The most likely diagnosis in this patient is left-sided congestive heart failure (CHF), a condition in which the heart cannot sufficiently pump blood into the systemic circulation. In left-sided heart failure, the ejection fraction is decreased and left ventricular end-diastolic volume is increased.
CHF is a condition characterized by an inability of the heart to meet the circulatory demands of the body. There are two types of CHF: left-sided and right-sided. Left-sided heart failure arises because the left ventricle is less efficient at pumping blood into the systemic circulation (decreased ejection fraction). This leads to volume accumulation in the left ventricle (increased left ventricular end-diastolic volume), which backs up into the pulmonary circulation. Clinically, this manifests with exertional dyspnea, orthopnea, paroxysmal nocturnal dyspnea, and persistent coughing due to pulmonary edema. Physical examination and auscultation may reveal bibasilar crackles, a diffuse displaced PMI, and an early diastolic gallop (S3 heart sound).

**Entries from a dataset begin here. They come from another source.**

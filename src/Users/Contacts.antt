-- ===== src/Users/Contacts.antt =====
-- The parts of a change of a profile: the checks on the new address and number, and the write.
use gp_connect_server.Common.{
  ℕ, ◌≡◌, refl, ◌⊎◌, inl, inr, Bool, true, false, not, ◌&&◌, Option, none, some, String, arith,
  Option-cases, Bool-cases, string_eq, ◌==◌, nat_eq, is_set,
}
use gp_connect_server.Schema.{User}
use gp_connect_server.Prisma.{Prisma, World, zero-cases}
use gp_connect_server.Handler.{ok, Result-cases}
use gp_connect_server.Verification.{same_contact}
use gp_connect_server.Users.Service.{
  UpdateUserDto, ContactChanges, with_changes, same_email, resets_phone_of, taken_by_other,
  prepare_contact_changes, pending_change, store_changes,
}

-- Where a change of the address goes: nowhere if it is the active one, else to `pending_email`, if
-- no other account has it.
abbrev pub IsPending :
    (P : Prisma)
    → (String → String → Bool)
    → ℕ
    → Option String
    → Option User
    → World P
    → Option String
    → Type 0
IsPending P insensitive id none current w pending = pending ≡ none
IsPending P insensitive id (some e) current w pending =
    ((same_email current e ≡ true) × (pending ≡ none))
    ⊎ ((same_email current e ≡ false)
        × (pending ≡ some e)
        × (taken_by_other id (P.user.find_first (λ u. insensitive u.email e) w.users) ≡ false))

module _ {P : Prisma} where
  pub pending_change-ok :
      (insensitive : String → String → Bool) (id : ℕ) (email : Option String)
      (current : Option User) (w : World P) {p : Option String}
      → (pending_change insensitive id email current w).0 ≡ ok p
      → (pending_change insensitive id email current w ≡ (ok p, w))
        × IsPending P insensitive id email current w p
  unfolding pending_change
  pending_change-ok insensitive id none current w h = (ground arith, ground arith)
  pending_change-ok insensitive id (some e) current w h = elim (Bool-cases (same_email current e)) [
    | inl y ↦ (ground arith, inl (y, ground arith))
    | inr n ↦
        elim (Bool-cases
          (taken_by_other id (P.user.find_first (λ u. insensitive u.email e) w.users))) [
            | inl y ↦ absurd (ground arith)
            | inr free ↦ (ground arith, inr (n, ground arith, free))
          ]
  ]

  pub prepare_contact_changes-ok :
      (insensitive : String → String → Bool) (id : ℕ) (email phone : Option String) (w : World P)
      {c : ContactChanges}
      → (prepare_contact_changes insensitive id email phone w).0 ≡ ok c
      → (prepare_contact_changes insensitive id email phone w ≡ (ok c, w))
        × IsPending P insensitive id email (P.user.find_unique id w.users) w c.pending_email
        × (c.resets_phone ≡ resets_phone_of phone (P.user.find_unique id w.users))
  unfolding prepare_contact_changes
  prepare_contact_changes-ok insensitive id email phone w {c} h =
      elim (Bool-cases (not (is_set email) && not (is_set phone))) [
        | inl y ↦ elim (Option-cases email) [
          | inr (a, e) ↦ absurd (ground arith)
          | inl no_email ↦ elim (Option-cases phone) [
            | inr (a, e) ↦ absurd (ground arith)
            | inl no_phone ↦
                let ec : c ≡ record { pending_email = none; resets_phone = false } = ground arith in
                (ground arith, rw (ec, no_email) refl, rw (ec, no_phone) refl)
          ]
        ]
        | inr n ↦
            elim (Result-cases
              (pending_change insensitive id email (P.user.find_unique id w.users) w).0) [
                | inl (p, e) ↦
                    let (run, goes) =
                      pending_change-ok insensitive id email (P.user.find_unique id w.users) w e in
                    let current = P.user.find_unique id w.users in
                    let ec : c ≡ record {
                      pending_email = p;
                      resets_phone = resets_phone_of phone current;
                    } =
                      ground arith in
                    (ground arith, rw ec goes, rw ec refl)
                | inr (x, e) ↦ absurd (ground arith)
              ]
      ]

  pub store_changes-ok :
      (hash : String → String) (id : ℕ) (d : UpdateUserDto) (c : ContactChanges) (w : World P)
      {u' : User}
      → (store_changes hash id d c w).0 ≡ ok u'
      → (u : User) × (P.user.find_unique id w.users ≡ some u)
        × (P.user.count (λ b. not (b.id == id) && same_contact (with_changes hash d c u) b) w.users
            ≡ 0)
        × (store_changes hash id d c w ≡ (
          ok (with_changes hash d c u),
          record w { users = P.user.update_many (λ b. b.id == id) (with_changes hash d c) w.users },
        ))
  unfolding store_changes
  store_changes-ok hash id d c w h = elim (Option-cases (P.user.find_unique id w.users)) [
    | inl z ↦ absurd (ground arith)
    | inr (u, e) ↦
        elim (zero-cases (
          P.user.count (λ b. not (b.id == id) && same_contact (with_changes hash d c u) b)
            w.users)) [ inl free ↦ (u, e, free, ground arith) | inr n ↦ absurd (ground arith) ]
  ]
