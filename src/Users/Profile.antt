-- ===== src/Users/Profile.antt =====
-- What a change of a profile does to the row, and to codes that were sent before.
use gp_connect_server.Common.{
  ℕ, ◌≡◌, refl, sym, ◌∙◌, ◌≢◌, inl, inr, Bool, not, ◌&&◌, none, some, String, arith, Option-cases,
  Bool-cases, nat_beq_iff, string_eq, ◌==◌, nat_eq, truthy,
}
use gp_connect_server.Schema.{User, VerificationToken, VerificationTokenType}
use gp_connect_server.Prisma.{
  Prisma, World, zero-cases, row-kept, find_unique-updated, find_unique-updated_ne, unused_id,
}
use gp_connect_server.Handler.{ok, ◌>>=◌, pure}
use gp_connect_server.Handler.Inversion.{>>=-ok}
use gp_connect_server.Verification.{
  same_contact, send_email_verification, send_link, nothing_to_verify, token_of, new_email_token,
  generate_email_token,
}
use gp_connect_server.Users.Service.{
  UpdateUserDto, ContactChanges, LinkDraw, with_changes, prepare_contact_changes, store_changes,
  confirm_change, update_by_id, resets_phone_of,
}
use gp_connect_server.Users.Contacts.{IsPending, prepare_contact_changes-ok, store_changes-ok}

inserted-phone :
    (P : Prisma) (k : ℕ) (new : VerificationToken) (left : P.verification_token.Table)
    (t : VerificationToken)
    → P.verification_token.find_unique new.id left ≡ none
    → new.type ≡ VerificationTokenType.email
    → P.verification_token.find_unique k (P.verification_token.insert new left) ≡ some t
    → t.type ≡ VerificationTokenType.phone
    → P.verification_token.find_unique k left ≡ some t
inserted-phone P k new left t free mail f e = elim (Bool-cases (k == new.id)) [
  | inl y ↦
      let there = P.verification_token.find_unique-insert_self new left free in
      absurd (ground (arith, nat_beq_iff k new.id))
  | inr n ↦
      let ne : k ≢ new.id = ground (arith, nat_beq_iff k new.id) in
      sym (P.verification_token.find_unique-insert_ne k new left ne) ∙ f
]

module _ {P : Prisma} where
  -- A link that is sent changes no user, and no code by SMS.
  send_email_verification-keeps :
      (digest : String → String) (token : String) (new_id now user_id : ℕ) (w : World P)
      → let w' = (send_email_verification digest token new_id now user_id w).1 in
        (w'.users ≡ w.users)
        × ((k : ℕ) (t : VerificationToken)
            → P.verification_token.find_unique k w'.tokens ≡ some t
            → t.type ≡ VerificationTokenType.phone
            → P.verification_token.find_unique k w.tokens ≡ some t)
  unfolding send_email_verification send_link
  send_email_verification-keeps digest token new_id now user_id w =
      elim (Option-cases (P.user.find_unique user_id w.users)) [
        | inl z ↦ (ground arith, λ k t f e. ground arith)
        | inr (u, found) ↦ elim (Bool-cases (nothing_to_verify u)) [
          | inl y ↦ (ground arith, λ k t f e. ground arith)
          | inr n ↦
              let of_user = token_of user_id VerificationTokenType.email in
              let left = P.verification_token.delete_many of_user w.tokens in
              elim (zero-cases (P.verification_token.count (λ b. b.id == new_id) left)) [
                | inl z ↦ (
                  ground arith,
                  λ k t f e.
                      let new =
                        new_email_token new_id user_id (generate_email_token digest token) now u in
                      let f' : P.verification_token.find_unique k
                            (P.verification_token.insert new left)
                          ≡ some t =
                        ground arith in
                      (row-kept P.verification_token k of_user w.tokens t (
                        inserted-phone P k new left t (unused_id P.verification_token new_id left z)
                          refl f' e)).0,
                )
                | inr taken ↦ (
                  ground arith,
                  λ k t f e. (row-kept P.verification_token k of_user w.tokens t (ground arith)).0,
                )
              ]
        ]
      ]

  confirm_change-keeps :
      (digest : String → String) (l : LinkDraw) (id : ℕ) (c : ContactChanges) (w : World P)
      → let q = confirm_change digest l id c w in
        (q.0 ≡ ok tt)
        × (q.1.users ≡ w.users)
        × ((k : ℕ) (t : VerificationToken)
            → P.verification_token.find_unique k q.1.tokens ≡ some t
            → t.type ≡ VerificationTokenType.phone
            → P.verification_token.find_unique k w.tokens ≡ some t)
  unfolding confirm_change
  confirm_change-keeps digest l id c w = elim (Bool-cases (truthy c.pending_email)) [
    | inl y ↦
        let (same, kept) = send_email_verification-keeps digest l.token l.new_id l.now id w in
        (ground arith, ground arith, λ k t f e. kept k t (ground arith) e)
    | inr n ↦ (ground arith, ground arith, λ k t f e. ground arith)
  ]

  -- What a change of a profile did.
  pub record IsUpdated (insensitive : String → String → Bool) (hash : String → String) (id : ℕ)
      (d : UpdateUserDto) (w w' : World P) : Type 0 where
    pub user : User
    pub changes : ContactChanges
    pub found : P.user.find_unique id w.users ≡ some user
    pub pending : IsPending P insensitive id d.email (some user) w changes.pending_email
    pub resets : changes.resets_phone ≡ resets_phone_of d.phone (some user)
    pub free :
        P.user.count
          (λ b. not (b.id == id) && same_contact (with_changes hash d changes user) b)
          w.users
        ≡ 0
    pub stored : P.user.find_unique id w'.users ≡ some (with_changes hash d changes user)
    pub others : (j : ℕ) → j ≢ id → P.user.find_unique j w'.users ≡ P.user.find_unique j w.users
    pub codes :
        (k : ℕ) (t : VerificationToken)
        → P.verification_token.find_unique k w'.tokens ≡ some t
        → t.type ≡ VerificationTokenType.phone
        → P.verification_token.find_unique k w.tokens ≡ some t

  pub update_by_id-IsUpdated :
      (insensitive : String → String → Bool) (hash digest : String → String) (l : LinkDraw) (id : ℕ)
      (d : UpdateUserDto) (w : World P) {u' : User}
      → (update_by_id insensitive hash digest l id d w).0 ≡ ok u'
      → IsUpdated insensitive hash id d w (update_by_id insensitive hash digest l id d w).1
  unfolding update_by_id
  update_by_id-IsUpdated insensitive hash digest l id d w h =
      let finish =
        λ (c : ContactChanges) (u : User). confirm_change digest l id c >>= λ _. pure u in
      let rest = λ (c : ContactChanges). store_changes hash id d c >>= finish c in
      let prepare = prepare_contact_changes insensitive id d.email d.phone in
      let (c, e, q, g) = >>=-ok prepare rest w h in
      let (run, goes, resets) = prepare_contact_changes-ok insensitive id d.email d.phone w e in
      let same : (prepare w).1 ≡ w = ground arith in
      let store = store_changes hash id d c in
      let (u1, e1, q1, g1) = >>=-ok store (finish c) w (rw same at g) in
      let (u, f, free, wrote) = store_changes-ok hash id d c w e1 in
      let (sent, kept, codes) = confirm_change-keeps digest l id c (store w).1 in
      let last : (finish c u1 (store w).1).1 ≡ (confirm_change digest l id c (store w).1).1 =
        ground arith in
      let end : (update_by_id insensitive hash digest l id d w).1
          ≡ (confirm_change digest l id c (store w).1).1 =
        ground arith in
      let run_users : (update_by_id insensitive hash digest l id d w).1.users
          ≡ P.user.update_many (λ b. b.id == id) (with_changes hash d c) w.users =
        ground arith in
      let run_tokens : (store w).1.tokens ≡ w.tokens = ground arith in
      let codes' = rw run_tokens at codes in
      record {
        user = u;
        changes = c;
        found = f;
        pending = rw f at goes;
        resets = rw f at resets;
        free = free;
        stored =
            rw run_users
              (find_unique-updated P.user id (with_changes hash d c) w.users u (λ x. refl) f);
        others = λ j ne.
            rw run_users
              (find_unique-updated_ne P.user j id (with_changes hash d c) w.users (λ x. refl) ne);
        codes = λ k t g e. codes' k t (rw end at g) e;
      }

Figure A demonstrates an enlarged heart silhouette (greater than 1/2 the chest diameter). This indicates volume overload due to a decreased ability to pump blood out of the heart into the systemic circulation.
Answer 1: An increased ejection fraction and decreased left ventricular end-diastolic volume would be seen in a state of volume depletion. In these cases, preload will be decreased (decreased left ventricular end-diastolic volume) so the heart will attempt to compensate by increasing contractility and ejection fraction.
Answer 2: A preserved ejection fraction and normal compliance are seen in a normal healthy heart. In this patient with exertional dyspnea, orthopnea, and multiple physical exam signs suggestive of heart failure, the ejection fraction would likely be decreased.
Answer 3: A preserved ejection fraction and decreased compliance are seen in diastolic heart failure. This condition arises due to hypertrophic cardiomyopathy and infiltrative myopathies. In these situations, the ejection fraction is preserved but the heart cannot fill completely (decreased compliance).
Answer 5: In this patient with obvious signs of volume overload (pulmonary edema, radiograph, S3 heart sound, and displaced PMI), the left ventricular diastolic volume would be higher, not lower, than normal.
Patients with left-sided CHF often present with exertional dyspnea, orthopnea, and paroxysmal nocturnal dyspnea. Left-sided CHF arises because the heart cannot pump blood effectively into the systemic circulation (decreased ejection fraction) leading to a buildup of volume in the left heart and pulmonary circulation (increased left ventricular end-diastolic volume).